A 0.125-kg baseball is dropped from rest.
If the magnitude of the baseball's momentum is 0.750 kg * m/s
just before it lands on the ground, from what height was it dropped?
To determine the height from which the baseball was dropped, we can use the principle of conservation of momentum. The momentum of an object is the product of its mass and velocity. Since the baseball is dropped from rest, its initial velocity is zero.

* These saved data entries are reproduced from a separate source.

-- ===== src/Application/Accepted.antt =====
-- src/application-domain.ts: what holds of a command that changes the domain.
use agent_task_orchestrator.Base.{
  Text, ◌≡◌, refl, subst, false, Option, none, some, arith, same→eq, inl, inr, any, Bool-cases,
}
use agent_task_orchestrator.Domain.States.{TransitionEvent}
use agent_task_orchestrator.Domain.Errors.{ok, err, DomainSuccess, DomainResult}
use agent_task_orchestrator.Domain.Records.{Task, DomainMutation}
use agent_task_orchestrator.Domain.Value.{Value, Unicode}
use agent_task_orchestrator.Domain.Graph.{task_of}
use agent_task_orchestrator.Domain.Snapshot.{parse_snapshot, SnapshotValidationMode}
use agent_task_orchestrator.Domain.Snapshot.WellFormed.{IsSnapshot}
use agent_task_orchestrator.Domain.Tasks.Create.{create_task_effect}
use agent_task_orchestrator.Domain.Tasks.Body.{update_task_body_effect}
use agent_task_orchestrator.Domain.Links.Effect.{
  set_task_parent_effect, add_task_dependency_effect, remove_task_dependency_effect,
}
use agent_task_orchestrator.Domain.Commands.{create_task_command, task_dependency_command}
use agent_task_orchestrator.Domain.Tasks.{create_task}
use agent_task_orchestrator.Domain.Links.{add_task_dependency, remove_task_dependency}
use agent_task_orchestrator.Domain.Transition.{transition_task}
use agent_task_orchestrator.Domain.Transition.Moves.{
  IsTransition, transition_task-IsTransition, transition_task_effect,
}
use agent_task_orchestrator.Domain.Transition.Cancelling.{
  transition_task_cancel, transition_task_interruption,
}
use agent_task_orchestrator.Application.Model.{
  TaskTarget, TaskChange, DependencyTarget, ApplicationCommand, ApplicationState, Outcome,
}
use agent_task_orchestrator.Application.Commands.{
  outcome, domain_value, if_current, is_claim_of, if_dependency_current, change_task, on_task,
  target_of_command, without_target, at_target, domain_mutation, mark_ready_command, cancel_command,
}

module _ ⦃u : Unicode⦄ where
  transition-IsSnapshot :
      (v command : Value) (r : DomainSuccess DomainMutation) (k : IsTransition v command r)
      (trigger : TransitionEvent)
      → k.trigger ≡ trigger
      → IsSnapshot r.value.snapshot
  transition-IsSnapshot v command r k TransitionEvent.cancel e =
      (transition_task_cancel v command r k e).done.valid
  transition-IsSnapshot v command r k TransitionEvent.interruption_verified e =
      (transition_task_interruption v command r k e).done.valid
  transition-IsSnapshot v command r k _ e = (transition_task_effect v command r k (rw e refl)).valid

  transition_task-IsSnapshot :
      (v command : Value) (r : DomainSuccess DomainMutation)
      → transition_task v command ≡ ok r
      → IsSnapshot r.value.snapshot
  transition_task-IsSnapshot v command r h =
      let k = transition_task-IsTransition v command r h in
      transition-IsSnapshot v command r k k.trigger refl

  -- A mutation is the value of the domain's success.
  outcome-mutated :
      {M : Type 0} (d : DomainResult M) (m : M)
      → outcome d ≡ Outcome.mutated m
      → (r : DomainSuccess M) × (d ≡ ok r) × (r.value ≡ m)
  outcome-mutated (ok r) m h = (r, refl, ground arith)
  outcome-mutated (err e) m h = absurd (ground arith)

-- The Task that a command names is registered, in the Project and at the revision that it expects.
pub record IsCurrent (state : ApplicationState) (target : TaskTarget) : Type 0 where
  pub task : Task
  pub registered : task_of state.domain.tasks target.task_id ≡ some task
  pub of_project : task.project_id ≡ target.project_id
  pub at_revision : task.revision ≡ target.expected_task_revision

if_current-mutated :
    (target : TaskTarget) (o : Option Task) (next : Outcome DomainMutation) (m : DomainMutation)
    → if_current target o next ≡ Outcome.mutated m
    → (task : Task) × (o ≡ some task)
      × (task.project_id ≡ target.project_id)
      × (task.revision ≡ target.expected_task_revision)
      × (next ≡ Outcome.mutated m)
if_current-mutated target none next m h = absurd (ground arith)
if_current-mutated target (some task) next m h = (
  task,
  refl,
  ground (arith, same→eq task.project_id target.project_id),
  ground arith,
  ground arith,
)

if_dependency_current-mutated :
    (target : DependencyTarget) (o : Option Task) (next : Outcome DomainMutation)
    (m : DomainMutation)
    → if_dependency_current target o next ≡ Outcome.mutated m
    → next ≡ Outcome.mutated m
if_dependency_current-mutated target none next m h = absurd (ground arith)
if_dependency_current-mutated target (some task) next m h = ground arith

-- No execution of the Task is active.
abbrev pub IsUnclaimed : ApplicationState → Text → Type 0
IsUnclaimed state id = any (is_claim_of id) state.executions ≡ false

-- What a cancellation asks besides.
abbrev pub IsCancellable : ApplicationState → ApplicationCommand → Type 0
IsCancellable state (ApplicationCommand.task_cancel t reason) = IsUnclaimed state t.task_id
IsCancellable state _ = Unit

abbrev pub AreCurrent : ApplicationState → Option TaskTarget → Type 0
AreCurrent state none = Unit
AreCurrent state (some target) = IsCurrent state target

module _ ⦃u : Unicode⦄ (state : ApplicationState)
    (h : parse_snapshot (domain_value state) SnapshotValidationMode.complete
      ≡ ok state.domain) where
  -- The snapshot of an operation on Tasks that succeeds, given that its result is well formed.
  outcome-IsSnapshot :
      (d : DomainResult DomainMutation) (m : DomainMutation)
      → ((r : DomainSuccess DomainMutation) → d ≡ ok r → IsSnapshot r.value.snapshot)
      → outcome d ≡ Outcome.mutated m
      → IsSnapshot m.snapshot
  outcome-IsSnapshot d m valid k =
      let (r, e, f) = outcome-mutated d m k in
      subst (λ (x : DomainMutation). IsSnapshot x.snapshot) f (valid r e)

  change_task-IsSnapshot :
      (id : Text) (change : TaskChange) (r : DomainSuccess DomainMutation)
      → change_task state id change ≡ ok r
      → IsSnapshot r.value.snapshot
  change_task-IsSnapshot id (TaskChange.body b) r k =
      let (_, _, _, _, done) =
        update_task_body_effect (domain_value state) id b state.domain r h k in
      done.changes.valid
  change_task-IsSnapshot id (TaskChange.parent p) r k =
      let (_, _, _, _, _, _, done) =
        set_task_parent_effect (domain_value state) state.domain h id p r k in
      done.changes.valid

  add_dependency-IsSnapshot :
      (id d : Text) (r : DomainSuccess DomainMutation)
      → add_task_dependency (domain_value state) (task_dependency_command id d) ≡ ok r
      → IsSnapshot r.value.snapshot
  add_dependency-IsSnapshot id d r k =
      let (_, _, _, _, _, _, done) =
        add_task_dependency_effect (domain_value state) state.domain h id d r k in
      done.changes.valid

  remove_dependency-IsSnapshot :
      (id d : Text) (r : DomainSuccess DomainMutation)
      → remove_task_dependency (domain_value state) (task_dependency_command id d) ≡ ok r
      → IsSnapshot r.value.snapshot
  remove_dependency-IsSnapshot id d r k =
      let (_, _, _, _, done) =
        remove_task_dependency_effect (domain_value state) state.domain h id d r k in
      done.changes.valid

  on_task-IsSnapshot :
      (command : ApplicationCommand) (target : TaskTarget) (m : DomainMutation)
      → target_of_command command ≡ some target
      → on_task command state target ≡ Outcome.mutated m
      → IsSnapshot m.snapshot × IsCancellable state command
  on_task-IsSnapshot (ApplicationCommand.task_update t change) target m i k = (
    outcome-IsSnapshot (change_task state target.task_id change) m
        (change_task-IsSnapshot target.task_id change) k,
    tt,
  )
  on_task-IsSnapshot (ApplicationCommand.task_mark_ready t) target m i k = (
    outcome-IsSnapshot (transition_task (domain_value state) (mark_ready_command target.task_id)) m
        (transition_task-IsSnapshot (domain_value state) (mark_ready_command target.task_id)) k,
    tt,
  )
  on_task-IsSnapshot (ApplicationCommand.task_cancel t reason) target m i k =
      let same_target : target ≡ t = ground arith in
      elim (Bool-cases (any (is_claim_of target.task_id) state.executions)) [
        | inl e ↦ absurd (ground arith)
        | inr e ↦
            let command = cancel_command state.domain target.task_id reason in
            (
              outcome-IsSnapshot (transition_task (domain_value state) command) m
                  (transition_task-IsSnapshot (domain_value state) command) (rw e at k),
              subst (λ (x : TaskTarget). IsUnclaimed state x.task_id) same_target e,
            )
      ]
  on_task-IsSnapshot (ApplicationCommand.dependency_add t d) target m i k =
      let command = task_dependency_command target.task_id d.dependency_id in
      (
        outcome-IsSnapshot (add_task_dependency (domain_value state) command) m
            (add_dependency-IsSnapshot target.task_id d.dependency_id)
            (if_dependency_current-mutated d (task_of state.domain.tasks d.dependency_id) _ m k),
        tt,
      )
  on_task-IsSnapshot (ApplicationCommand.dependency_remove t d) target m i k =
      let command = task_dependency_command target.task_id d.dependency_id in
      (
        outcome-IsSnapshot (remove_task_dependency (domain_value state) command) m
            (remove_dependency-IsSnapshot target.task_id d.dependency_id)
            (if_dependency_current-mutated d (task_of state.domain.tasks d.dependency_id) _ m k),
        tt,
      )
  on_task-IsSnapshot _ target m i k = absurd (ground arith)

  without_target-IsSnapshot :
      (command : ApplicationCommand) (m : DomainMutation)
      → target_of_command command ≡ none
      → without_target command state ≡ Outcome.mutated m
      → IsSnapshot m.snapshot × IsCancellable state command
  without_target-IsSnapshot (ApplicationCommand.task_create project resource id b supersedes) m i
        k =
      (
        outcome-IsSnapshot
            (create_task (domain_value state) (create_task_command id project b supersedes)) m
            (λ r e.
              let (_, _, _, _, made, _, _) =
                create_task_effect (domain_value state) state.domain h id project b supersedes r
                  e in
              made.valid)
            k,
        tt,
      )
  without_target-IsSnapshot _ m i k = absurd (ground arith)

  at_target-mutated :
      (o : Option TaskTarget) (command : ApplicationCommand) (m : DomainMutation)
      → target_of_command command ≡ o
      → at_target o command state ≡ Outcome.mutated m
      → IsSnapshot m.snapshot × IsCancellable state command × AreCurrent state o
  at_target-mutated none command m e k =
      let (valid, free) = without_target-IsSnapshot command m e k in (valid, free, tt)
  at_target-mutated (some target) command m e k =
      let (task, registered, project, revision, next) =
        if_current-mutated target (task_of state.domain.tasks target.task_id)
          (on_task command state target) m k in
      let (valid, free) = on_task-IsSnapshot command target m e next in
      (
        valid,
        free,
        record {
          task = task;
          registered = registered;
          of_project = project;
          at_revision = revision;
        },
      )

  -- For a state whose domain is an accepted snapshot: a command that `domainMutation` lets change the domain leaves a well-formed snapshot, is of a Task that is registered in the Project and at the revision that it expects, where it names one, and, where it cancels, of a Task without an active execution.
  pub domain_mutation-IsSnapshot :
      (command : ApplicationCommand) (m : DomainMutation)
      → domain_mutation command state ≡ Outcome.mutated m
      → IsSnapshot m.snapshot
        × IsCancellable state command
        × AreCurrent state (target_of_command command)
  unfolding domain_mutation
  domain_mutation-IsSnapshot command m k =
      at_target-mutated (target_of_command command) command m refl k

We are given that the magnitude of the baseball's momentum just before it lands on the ground is 0.750 kg * m/s. We can calculate the final velocity of the baseball using the formula:
momentum = mass * velocity (p = m * v)
0.750 kg * m/s = 0.125 kg * v
Solving for the final velocity, we find that v = 6 m/s.
Next, we can use the principles of motion to find the height from which the baseball was dropped. The equation that relates displacement, initial velocity, final velocity, and acceleration under constant acceleration is:
displacement = (final velocity^2 - initial velocity^2) / (2 * acceleration)
Since the baseball is dropped from rest, the initial velocity is 0 m/s. And since it falls under the acceleration due to gravity, we can use g = 9.8 m/s^2 as the acceleration.
Plugging in the values, we have:
displacement = (6 m/s)^2 / (2 * 9.8 m/s^2)
Simplifying the equation gives us:
displacement = 18 / 19.6
Finally, the displacement represents the change in height. Therefore, we conclude that the baseball was dropped from a height of approximately 0.918 meters.